■ **WORK TASK**
Output only the lines below from the one containing "fresh ← get" to the one containing "then ignore (idtcm_state_machine_reset", exactly as written, both ends kept.

■ **RECORDS FOR THIS TASK**

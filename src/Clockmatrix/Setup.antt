-- ===== src/Clockmatrix/Setup.antt =====
-- drivers/ptp/ptp_clockmatrix.c: setting up the channels and bringing up the chip.
pub mod Bounds
use linux_ptp_driver_package.Clockmatrix.State.{
  Idtcm, max_tod, max_pll, set_channel, fw_reg, idtcm_read, read_u8, write_u8, rank, v487,
}
use linux_ptp_driver_package.Clockmatrix.Registers.{tod}
use linux_ptp_driver_package.Bus.{status}
use linux_ptp_driver_package.Prelude.{
  ◌+◌, ◌*◌, ◌/◌, ◌%◌, ◌^◌, ℕ, bit_or, ◌⊎◌, inl, inr, ◌&&◌, not, List, [], ◌∷◌, if◌then◌else◌, leb,
  ltb, get_or, ◌==◌,
}
use linux_ptp_driver_package.Bus.Regmap.{Regmap}
use linux_ptp_driver_package.Clockmatrix.Kernel.{Kernel}
use linux_ptp_driver_package.Bus.{M, ok, ◌>>=◌, throw, get, fail, ◌>>◌, put, ignore, pure}
use linux_ptp_driver_package.Prelude.Int.{ℤ, pos, eqb_ℤ}
use linux_ptp_driver_package.Clockmatrix.Firmware.{Fwrc, contains_full_configuration, load_records}
use linux_ptp_driver_package.Bus.Errno.{einval}
use linux_ptp_driver_package.Clockmatrix.Registers.{
  dpll_freq_n, dpll, tod_read_primary_n, dpll_max_freq_offset, tod_cfg, dpll_v520,
  tod_read_primary_n_v520, tod_cfg_v520, hw_dpll, tod_read_secondary_n, dpll_phase_n,
  tod_read_secondary_n_v520, dpll_ctrl, tod_write_n, dpll_phase_pull_in_n, tod_write_n_v520,
  tod_v520,
}
use linux_ptp_driver_package.Clockmatrix.Boot.{idtcm_state_machine_reset}
use linux_ptp_driver_package.Clockmatrix.Pll.{initialize_dco_operating_mode}
use linux_ptp_driver_package.Clockmatrix.Time.{Timespec}
use linux_ptp_driver_package.Clockmatrix.Adjtime.{raw_settime_deprecated}
use linux_ptp_driver_package.Clockmatrix.Tod.{raw_settime, scsr_tod_wr_type_sel_absolute}

abbrev pub max_ffo_ppb : ℕ
max_ffo_ppb = 244000

abbrev pub tod_enable : ℕ
tod_enable = 0x1

abbrev pub sync_source_dpll0_tod_pps : ℕ
sync_source_dpll0_tod_pps = 0x14

abbrev pub dpll_ctrl_dpll_fod_freq : ℕ
dpll_ctrl_dpll_fod_freq = 0x001c

abbrev pub default_tod_mask : ℕ
default_tod_mask = 0x04

-- DEFAULT_OUTPUT_MASK_PLL0 to DEFAULT_OUTPUT_MASK_PLL3.
abbrev pub default_output_mask : List ℕ
default_output_mask = 0x003 ∷ 0x00c ∷ 0x030 ∷ 0x0c0 ∷ []

-- 20 FOD cycles and 8 ns, of a FOD frequency in Hz.
unfoldable pub delay_of : ℕ → ℕ
delay_of fod_freq = if leb 500000000 fod_freq then 20 * 1000000000 / fod_freq + 8 else 0

-- `get_unaligned_le64(mbuf)` and `get_unaligned_le16(nbuf)`.
abbrev pub le_number : List ℕ → ℕ
le_number [] = 0
le_number (b ∷ bs) = b + 256 * le_number bs

unfoldable pub set_default_masks : {Dev : Type 0} → Idtcm Dev → Idtcm Dev
set_default_masks s = record s {
  tod_mask = default_tod_mask;
  extts_mask = 0;
  channel = λ i.
      if ltb i max_tod
      then record (s.channel i) { tod = i; pll = i; output_mask = get_or default_output_mask i 0 }
      else s.channel i;
}

module _ {Dev : Type 0} (regmap : Regmap Dev) (kernel : Kernel Dev) where
  unfoldable pub configure_channel_pll : ℕ → M (Idtcm Dev) (Unit {0})
  configure_channel_pll i s =
      let c = s.channel i in
      if ltb c.pll max_pll
      then ok tt (
          set_channel s i (record c {
            dpll_freq = get_or dpll_freq_n c.pll 0;
            dpll_n = get_or (fw_reg s.fw_ver dpll dpll_v520) c.pll 0;
            hw_dpll_n = get_or hw_dpll c.pll 0;
            dpll_phase = get_or dpll_phase_n c.pll 0;
            dpll_ctrl_n = get_or dpll_ctrl c.pll 0;
            dpll_phase_pull_in = get_or dpll_phase_pull_in_n c.pll 0;
          }))
      else fail einval s

  unfoldable pub configure_channel_tod : ℕ → M (Idtcm Dev) (Unit {0})
  configure_channel_tod i s =
      let c = s.channel i in
      if ltb i max_tod
      then ok tt (
          set_channel s i (record c {
            tod_read_primary =
                get_or (fw_reg s.fw_ver tod_read_primary_n tod_read_primary_n_v520) i 0;
            tod_read_secondary =
                get_or (fw_reg s.fw_ver tod_read_secondary_n tod_read_secondary_n_v520) i 0;
            tod_write = get_or (fw_reg s.fw_ver tod_write_n tod_write_n_v520) i 0;
            tod_n = get_or (fw_reg s.fw_ver tod tod_v520) i 0;
            sync_src = sync_source_dpll0_tod_pps + i;
          }))
      else fail einval s

  -- A failed read gives 0. `(u32)div_u64(m, n)` is cut to 32 bits.
  unfoldable pub idtcm_get_dco_delay : ℕ → M (Idtcm Dev) ℕ
  idtcm_get_dco_delay i s = elim (measured s) [ ok delay t ↦ ok delay t | fail e t ↦ ok 0 t ]
    where
      measured : M (Idtcm Dev) ℕ
      measured = do
        idtcm ← get
        mbuf ← idtcm_read regmap (idtcm.channel i).dpll_ctrl_n dpll_ctrl_dpll_fod_freq 6
        nbuf ← idtcm_read regmap (idtcm.channel i).dpll_ctrl_n (dpll_ctrl_dpll_fod_freq + 6) 2
        let n = if le_number nbuf == 0 then 1 else le_number nbuf
        pure (delay_of (le_number mbuf / n % 2 ^ 32))

  unfoldable pub initialize_max_adj : ℕ → M (Idtcm Dev) (Unit {0})
  initialize_max_adj i = do
    before ← get
    ffo_ppm ← read_u8 regmap (before.channel i).dpll_n dpll_max_freq_offset
    idtcm ← get
    put (
        set_channel idtcm i (record (idtcm.channel i) {
          max_adj =
              if not (ffo_ppm == 0) && leb ffo_ppm (max_ffo_ppb / 1000)
              then ffo_ppm * 1000
              else max_ffo_ppb;
        }))

  unfoldable pub idtcm_enable_tod : ℕ → M (Idtcm Dev) (Unit {0})
  idtcm_enable_tod i = do
    idtcm ← get
    let cfg_reg = fw_reg idtcm.fw_ver tod_cfg tod_cfg_v520
    cfg ← read_u8 regmap (idtcm.channel i).tod_n cfg_reg
    write_u8 regmap (idtcm.channel i).tod_n cfg_reg (bit_or cfg tod_enable)
    let zero_time : Timespec = record { tv_sec = pos 0; tv_nsec = pos 0 }
    if ltb (rank idtcm.fw_ver) (rank v487)
        then raw_settime_deprecated regmap kernel i zero_time
        else raw_settime regmap kernel i zero_time scsr_tod_wr_type_sel_absolute

  -- `register i` is what `ptp_clock_register` gives for a channel: 0, or the code of its error. The
  -- names of the pins and the table of operations, which depends on the firmware version alone, are
  -- left out.
  unfoldable pub idtcm_enable_channel : (ℕ → ℤ) → ℕ → M (Idtcm Dev) (Unit {0})
  idtcm_enable_channel register i = if leb max_tod i then throw einval else (do
    fresh ← get
    put (set_channel fresh i (record (fresh.channel i) { current_freq_scaled_ppm = pos 0 }))
    configure_channel_pll i
    configure_channel_tod i
    named ← get
    put (set_channel named i (record (named.channel i) { max_adj = max_ffo_ppb }))
    initialize_max_adj i
    initialize_dco_operating_mode regmap i
    idtcm_enable_tod i
    delay ← idtcm_get_dco_delay i
    idtcm ← get
    put (
        set_channel idtcm i
          (record (idtcm.channel i) { dco_delay = delay; ptp_clock = eqb_ℤ (register i) (pos 0) }))
    status (register i))

  unfoldable pub idtcm_enable_extts_channel : ℕ → M (Idtcm Dev) (Unit {0})
  idtcm_enable_extts_channel i = if leb max_tod i then throw einval else configure_channel_tod i

  -- `request_firmware` gives an error or the records of the image.
  unfoldable pub idtcm_load_firmware : ℤ ⊎ List Fwrc → M (Idtcm Dev) (Unit {0})
  idtcm_load_firmware (inl err) s = fail err s
  idtcm_load_firmware (inr recs) s =
      ((if contains_full_configuration s.fw_ver recs
            then ignore (idtcm_state_machine_reset regmap)
            else pure tt)
          >> load_records regmap s.fw_ver recs)
        s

■ **RESULT**
    fresh ← get
    put (set_channel fresh i (record (fresh.channel i) { current_freq_scaled_ppm = pos 0 }))
    configure_channel_pll i
    configure_channel_tod i
    named ← get
    put (set_channel named i (record (named.channel i) { max_adj = max_ffo_ppb }))
    initialize_max_adj i
    initialize_dco_operating_mode regmap i
    idtcm_enable_tod i
    delay ← idtcm_get_dco_delay i
    idtcm ← get
    put (
        set_channel idtcm i
          (record (idtcm.channel i) { dco_delay = delay; ptp_clock = eqb_ℤ (register i) (pos 0) }))
    status (register i))

  unfoldable pub idtcm_enable_extts_channel : ℕ → M (Idtcm Dev) (Unit {0})
  idtcm_enable_extts_channel i = if leb max_tod i then throw einval else configure_channel_tod i

  -- `request_firmware` gives an error or the records of the image.
  unfoldable pub idtcm_load_firmware : ℤ ⊎ List Fwrc → M (Idtcm Dev) (Unit {0})
  idtcm_load_firmware (inl err) s = fail err s
  idtcm_load_firmware (inr recs) s =
      ((if contains_full_configuration s.fw_ver recs
            then ignore (idtcm_state_machine_reset regmap)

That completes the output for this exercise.